• **EXERCISE REQUIREMENTS**
When the line containing "filename src/Common/FromChars.antt" appears in the data below, begin copying there and stop only after the line containing "else in_signed_range m".

(Beginning of RECORDS TO USE)

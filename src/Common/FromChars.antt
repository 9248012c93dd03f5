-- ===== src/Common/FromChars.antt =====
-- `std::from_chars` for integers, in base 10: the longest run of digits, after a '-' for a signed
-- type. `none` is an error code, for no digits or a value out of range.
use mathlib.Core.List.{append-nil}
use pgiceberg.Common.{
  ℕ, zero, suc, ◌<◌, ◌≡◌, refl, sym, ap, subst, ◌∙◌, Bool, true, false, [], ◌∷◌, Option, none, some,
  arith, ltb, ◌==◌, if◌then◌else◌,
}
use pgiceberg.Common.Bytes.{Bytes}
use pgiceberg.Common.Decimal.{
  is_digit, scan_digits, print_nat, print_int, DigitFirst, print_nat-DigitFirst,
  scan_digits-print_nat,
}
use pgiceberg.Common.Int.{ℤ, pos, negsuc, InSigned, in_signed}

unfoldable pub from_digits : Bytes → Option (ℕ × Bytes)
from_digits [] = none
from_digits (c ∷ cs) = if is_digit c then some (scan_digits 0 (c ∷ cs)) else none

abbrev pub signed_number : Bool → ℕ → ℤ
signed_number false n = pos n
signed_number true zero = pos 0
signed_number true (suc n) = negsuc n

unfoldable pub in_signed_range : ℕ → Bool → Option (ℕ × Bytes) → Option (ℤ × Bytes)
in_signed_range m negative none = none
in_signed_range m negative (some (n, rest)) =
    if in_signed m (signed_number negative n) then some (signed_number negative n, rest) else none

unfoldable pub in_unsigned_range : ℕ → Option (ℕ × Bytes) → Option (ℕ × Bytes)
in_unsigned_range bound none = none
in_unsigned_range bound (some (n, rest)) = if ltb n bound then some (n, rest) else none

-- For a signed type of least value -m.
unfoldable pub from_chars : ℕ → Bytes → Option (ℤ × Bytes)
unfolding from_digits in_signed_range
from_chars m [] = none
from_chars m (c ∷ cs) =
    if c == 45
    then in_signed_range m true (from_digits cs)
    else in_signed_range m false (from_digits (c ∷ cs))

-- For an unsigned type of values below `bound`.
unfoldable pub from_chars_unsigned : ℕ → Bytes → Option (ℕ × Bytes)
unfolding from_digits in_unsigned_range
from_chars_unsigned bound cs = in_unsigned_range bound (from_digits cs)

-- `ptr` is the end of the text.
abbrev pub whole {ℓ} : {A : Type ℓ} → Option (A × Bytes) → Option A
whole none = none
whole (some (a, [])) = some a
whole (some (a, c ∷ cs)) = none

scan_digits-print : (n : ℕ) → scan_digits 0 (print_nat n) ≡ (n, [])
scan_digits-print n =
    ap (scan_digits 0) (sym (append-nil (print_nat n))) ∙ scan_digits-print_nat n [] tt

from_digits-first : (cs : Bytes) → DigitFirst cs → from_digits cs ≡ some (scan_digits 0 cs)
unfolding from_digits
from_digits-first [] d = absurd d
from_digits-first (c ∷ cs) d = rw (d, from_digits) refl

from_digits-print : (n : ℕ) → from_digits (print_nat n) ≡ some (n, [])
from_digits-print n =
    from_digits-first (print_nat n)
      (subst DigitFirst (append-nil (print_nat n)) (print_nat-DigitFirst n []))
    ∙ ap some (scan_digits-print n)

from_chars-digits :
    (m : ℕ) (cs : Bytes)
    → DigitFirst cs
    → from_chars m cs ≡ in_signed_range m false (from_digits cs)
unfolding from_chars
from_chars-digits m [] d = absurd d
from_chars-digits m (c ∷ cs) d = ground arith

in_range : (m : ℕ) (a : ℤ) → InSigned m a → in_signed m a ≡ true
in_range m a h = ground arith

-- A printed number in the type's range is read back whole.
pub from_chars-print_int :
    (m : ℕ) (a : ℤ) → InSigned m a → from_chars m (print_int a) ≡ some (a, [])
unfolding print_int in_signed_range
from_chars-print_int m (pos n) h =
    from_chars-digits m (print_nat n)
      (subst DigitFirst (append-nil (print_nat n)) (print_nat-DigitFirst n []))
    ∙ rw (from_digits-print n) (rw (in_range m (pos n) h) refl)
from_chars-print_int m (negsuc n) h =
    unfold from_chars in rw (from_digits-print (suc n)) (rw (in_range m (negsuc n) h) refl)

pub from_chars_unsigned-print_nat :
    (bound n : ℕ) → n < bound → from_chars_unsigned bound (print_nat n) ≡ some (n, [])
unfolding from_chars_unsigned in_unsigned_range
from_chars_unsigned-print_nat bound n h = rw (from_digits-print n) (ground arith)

(End of RECORDS TO USE)
(Beginning of RECORDS TO USE)

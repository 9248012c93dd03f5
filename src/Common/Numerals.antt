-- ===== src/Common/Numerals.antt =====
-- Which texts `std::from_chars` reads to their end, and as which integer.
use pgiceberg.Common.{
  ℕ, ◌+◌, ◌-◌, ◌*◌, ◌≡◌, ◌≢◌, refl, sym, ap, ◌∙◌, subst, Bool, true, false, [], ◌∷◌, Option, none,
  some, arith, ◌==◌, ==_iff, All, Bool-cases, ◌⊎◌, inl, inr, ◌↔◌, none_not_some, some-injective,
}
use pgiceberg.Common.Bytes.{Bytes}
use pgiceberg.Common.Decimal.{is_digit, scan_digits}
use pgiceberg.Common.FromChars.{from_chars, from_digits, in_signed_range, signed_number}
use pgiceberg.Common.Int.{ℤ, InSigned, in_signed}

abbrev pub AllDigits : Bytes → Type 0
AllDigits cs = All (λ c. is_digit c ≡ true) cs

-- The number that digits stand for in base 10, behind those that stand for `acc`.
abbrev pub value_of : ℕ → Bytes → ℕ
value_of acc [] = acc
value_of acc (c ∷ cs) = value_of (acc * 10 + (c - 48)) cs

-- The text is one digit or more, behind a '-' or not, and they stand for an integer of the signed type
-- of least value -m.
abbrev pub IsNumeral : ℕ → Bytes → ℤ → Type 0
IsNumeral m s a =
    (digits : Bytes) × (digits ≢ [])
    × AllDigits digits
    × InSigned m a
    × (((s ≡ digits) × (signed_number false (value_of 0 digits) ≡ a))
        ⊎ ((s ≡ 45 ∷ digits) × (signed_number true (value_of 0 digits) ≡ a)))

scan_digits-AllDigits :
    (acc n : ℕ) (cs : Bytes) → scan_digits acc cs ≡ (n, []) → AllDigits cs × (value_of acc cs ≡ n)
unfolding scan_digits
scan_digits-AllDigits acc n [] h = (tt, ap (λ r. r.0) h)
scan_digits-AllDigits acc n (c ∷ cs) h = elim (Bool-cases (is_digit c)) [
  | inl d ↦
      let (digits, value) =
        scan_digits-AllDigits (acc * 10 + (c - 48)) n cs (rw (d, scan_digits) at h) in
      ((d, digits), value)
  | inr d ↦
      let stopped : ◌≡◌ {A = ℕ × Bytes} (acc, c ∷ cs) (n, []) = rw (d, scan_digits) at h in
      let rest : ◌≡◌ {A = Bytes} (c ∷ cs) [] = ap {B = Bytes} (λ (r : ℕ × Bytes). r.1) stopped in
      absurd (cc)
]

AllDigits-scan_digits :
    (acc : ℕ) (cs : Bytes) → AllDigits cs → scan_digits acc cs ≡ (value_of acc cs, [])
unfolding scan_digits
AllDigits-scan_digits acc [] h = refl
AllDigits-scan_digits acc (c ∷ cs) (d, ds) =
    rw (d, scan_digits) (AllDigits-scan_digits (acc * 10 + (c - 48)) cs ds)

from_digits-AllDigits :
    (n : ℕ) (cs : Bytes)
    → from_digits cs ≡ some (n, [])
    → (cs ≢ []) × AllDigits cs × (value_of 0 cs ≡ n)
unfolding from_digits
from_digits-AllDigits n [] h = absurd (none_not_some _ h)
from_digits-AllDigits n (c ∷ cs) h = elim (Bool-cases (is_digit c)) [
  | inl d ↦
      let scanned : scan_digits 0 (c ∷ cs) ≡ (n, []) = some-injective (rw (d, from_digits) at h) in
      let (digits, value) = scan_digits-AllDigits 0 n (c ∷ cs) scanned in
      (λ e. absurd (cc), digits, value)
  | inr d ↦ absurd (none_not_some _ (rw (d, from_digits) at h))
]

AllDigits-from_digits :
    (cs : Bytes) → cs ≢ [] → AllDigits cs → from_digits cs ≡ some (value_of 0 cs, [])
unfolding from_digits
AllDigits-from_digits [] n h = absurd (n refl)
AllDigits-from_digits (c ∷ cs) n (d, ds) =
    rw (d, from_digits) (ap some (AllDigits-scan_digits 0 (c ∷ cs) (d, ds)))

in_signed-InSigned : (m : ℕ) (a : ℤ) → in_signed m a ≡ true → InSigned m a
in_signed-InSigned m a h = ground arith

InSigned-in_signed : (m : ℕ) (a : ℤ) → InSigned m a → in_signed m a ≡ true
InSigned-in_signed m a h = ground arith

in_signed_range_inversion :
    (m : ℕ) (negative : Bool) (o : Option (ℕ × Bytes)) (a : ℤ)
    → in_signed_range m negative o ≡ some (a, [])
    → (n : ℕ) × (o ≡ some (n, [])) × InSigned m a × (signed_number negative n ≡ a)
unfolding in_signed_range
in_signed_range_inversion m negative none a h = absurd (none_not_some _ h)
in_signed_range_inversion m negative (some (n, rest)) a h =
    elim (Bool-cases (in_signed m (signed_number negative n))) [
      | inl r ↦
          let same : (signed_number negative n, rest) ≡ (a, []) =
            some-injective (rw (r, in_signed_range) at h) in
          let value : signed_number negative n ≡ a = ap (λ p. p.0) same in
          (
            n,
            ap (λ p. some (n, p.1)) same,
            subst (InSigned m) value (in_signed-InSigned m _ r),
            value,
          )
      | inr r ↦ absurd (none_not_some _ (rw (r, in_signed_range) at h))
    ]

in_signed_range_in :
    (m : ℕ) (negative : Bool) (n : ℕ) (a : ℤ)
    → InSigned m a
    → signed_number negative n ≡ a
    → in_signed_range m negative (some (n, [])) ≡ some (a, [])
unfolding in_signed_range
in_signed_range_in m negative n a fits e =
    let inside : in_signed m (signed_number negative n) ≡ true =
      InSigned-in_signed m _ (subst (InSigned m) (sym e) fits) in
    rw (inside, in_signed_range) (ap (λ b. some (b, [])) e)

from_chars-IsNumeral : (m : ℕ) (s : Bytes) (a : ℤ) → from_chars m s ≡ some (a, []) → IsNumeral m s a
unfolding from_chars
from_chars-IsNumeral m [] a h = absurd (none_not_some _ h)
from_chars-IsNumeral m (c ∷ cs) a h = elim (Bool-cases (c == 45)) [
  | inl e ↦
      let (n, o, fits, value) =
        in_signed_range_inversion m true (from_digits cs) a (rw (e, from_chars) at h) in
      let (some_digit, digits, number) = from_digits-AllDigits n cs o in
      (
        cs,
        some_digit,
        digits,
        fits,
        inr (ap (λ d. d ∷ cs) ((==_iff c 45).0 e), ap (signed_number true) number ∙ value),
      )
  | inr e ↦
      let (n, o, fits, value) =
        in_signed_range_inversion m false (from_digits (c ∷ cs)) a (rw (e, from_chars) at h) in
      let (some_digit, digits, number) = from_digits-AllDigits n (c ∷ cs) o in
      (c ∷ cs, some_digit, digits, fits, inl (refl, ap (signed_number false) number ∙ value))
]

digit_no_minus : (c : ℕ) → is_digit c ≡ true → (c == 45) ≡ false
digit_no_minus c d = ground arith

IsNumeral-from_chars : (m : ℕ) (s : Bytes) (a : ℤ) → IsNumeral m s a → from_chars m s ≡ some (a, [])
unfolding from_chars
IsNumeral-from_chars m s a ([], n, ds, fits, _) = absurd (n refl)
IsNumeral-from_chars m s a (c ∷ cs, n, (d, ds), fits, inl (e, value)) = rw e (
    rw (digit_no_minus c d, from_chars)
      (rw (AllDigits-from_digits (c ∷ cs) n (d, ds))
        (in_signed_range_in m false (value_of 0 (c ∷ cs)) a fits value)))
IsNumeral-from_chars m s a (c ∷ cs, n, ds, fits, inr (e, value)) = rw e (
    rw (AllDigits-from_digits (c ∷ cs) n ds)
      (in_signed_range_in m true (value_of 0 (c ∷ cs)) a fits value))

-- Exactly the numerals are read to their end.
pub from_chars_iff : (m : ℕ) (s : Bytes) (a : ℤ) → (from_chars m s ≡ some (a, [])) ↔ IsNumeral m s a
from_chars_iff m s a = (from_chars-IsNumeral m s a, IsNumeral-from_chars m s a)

(End of RECORDS TO USE)

• **REPLY TO THE EXERCISE**
filename src/Common/FromChars.antt
repository 9248012c93dd03f5
-- ===== src/Common/FromChars.antt =====
-- `std::from_chars` for integers, in base 10: the longest run of digits, after a '-' for a signed
-- type. `none` is an error code, for no digits or a value out of range.
use mathlib.Core.List.{append-nil}
use pgiceberg.Common.{
  ℕ, zero, suc, ◌<◌, ◌≡◌, refl, sym, ap, subst, ◌∙◌, Bool, true, false, [], ◌∷◌, Option, none, some,
  arith, ltb, ◌==◌, if◌then◌else◌,
}
use pgiceberg.Common.Bytes.{Bytes}
use pgiceberg.Common.Decimal.{
  is_digit, scan_digits, print_nat, print_int, DigitFirst, print_nat-DigitFirst,
  scan_digits-print_nat,
}
use pgiceberg.Common.Int.{ℤ, pos, negsuc, InSigned, in_signed}

unfoldable pub from_digits : Bytes → Option (ℕ × Bytes)
from_digits [] = none
from_digits (c ∷ cs) = if is_digit c then some (scan_digits 0 (c ∷ cs)) else none

abbrev pub signed_number : Bool → ℕ → ℤ
signed_number false n = pos n
signed_number true zero = pos 0
signed_number true (suc n) = negsuc n

unfoldable pub in_signed_range : ℕ → Bool → Option (ℕ × Bytes) → Option (ℤ × Bytes)
in_signed_range m negative none = none
in_signed_range m negative (some (n, rest)) =
    if in_signed m (signed_number negative n) then some (signed_number negative n, rest) else none

unfoldable pub in_unsigned_range : ℕ → Option (ℕ × Bytes) → Option (ℕ × Bytes)
in_unsigned_range bound none = none
in_unsigned_range bound (some (n, rest)) = if ltb n bound then some (n, rest) else none

-- For a signed type of least value -m.
unfoldable pub from_chars : ℕ → Bytes → Option (ℤ × Bytes)
unfolding from_digits in_signed_range
from_chars m [] = none
from_chars m (c ∷ cs) =
    if c == 45
    then in_signed_range m true (from_digits cs)
    else in_signed_range m false (from_digits (c ∷ cs))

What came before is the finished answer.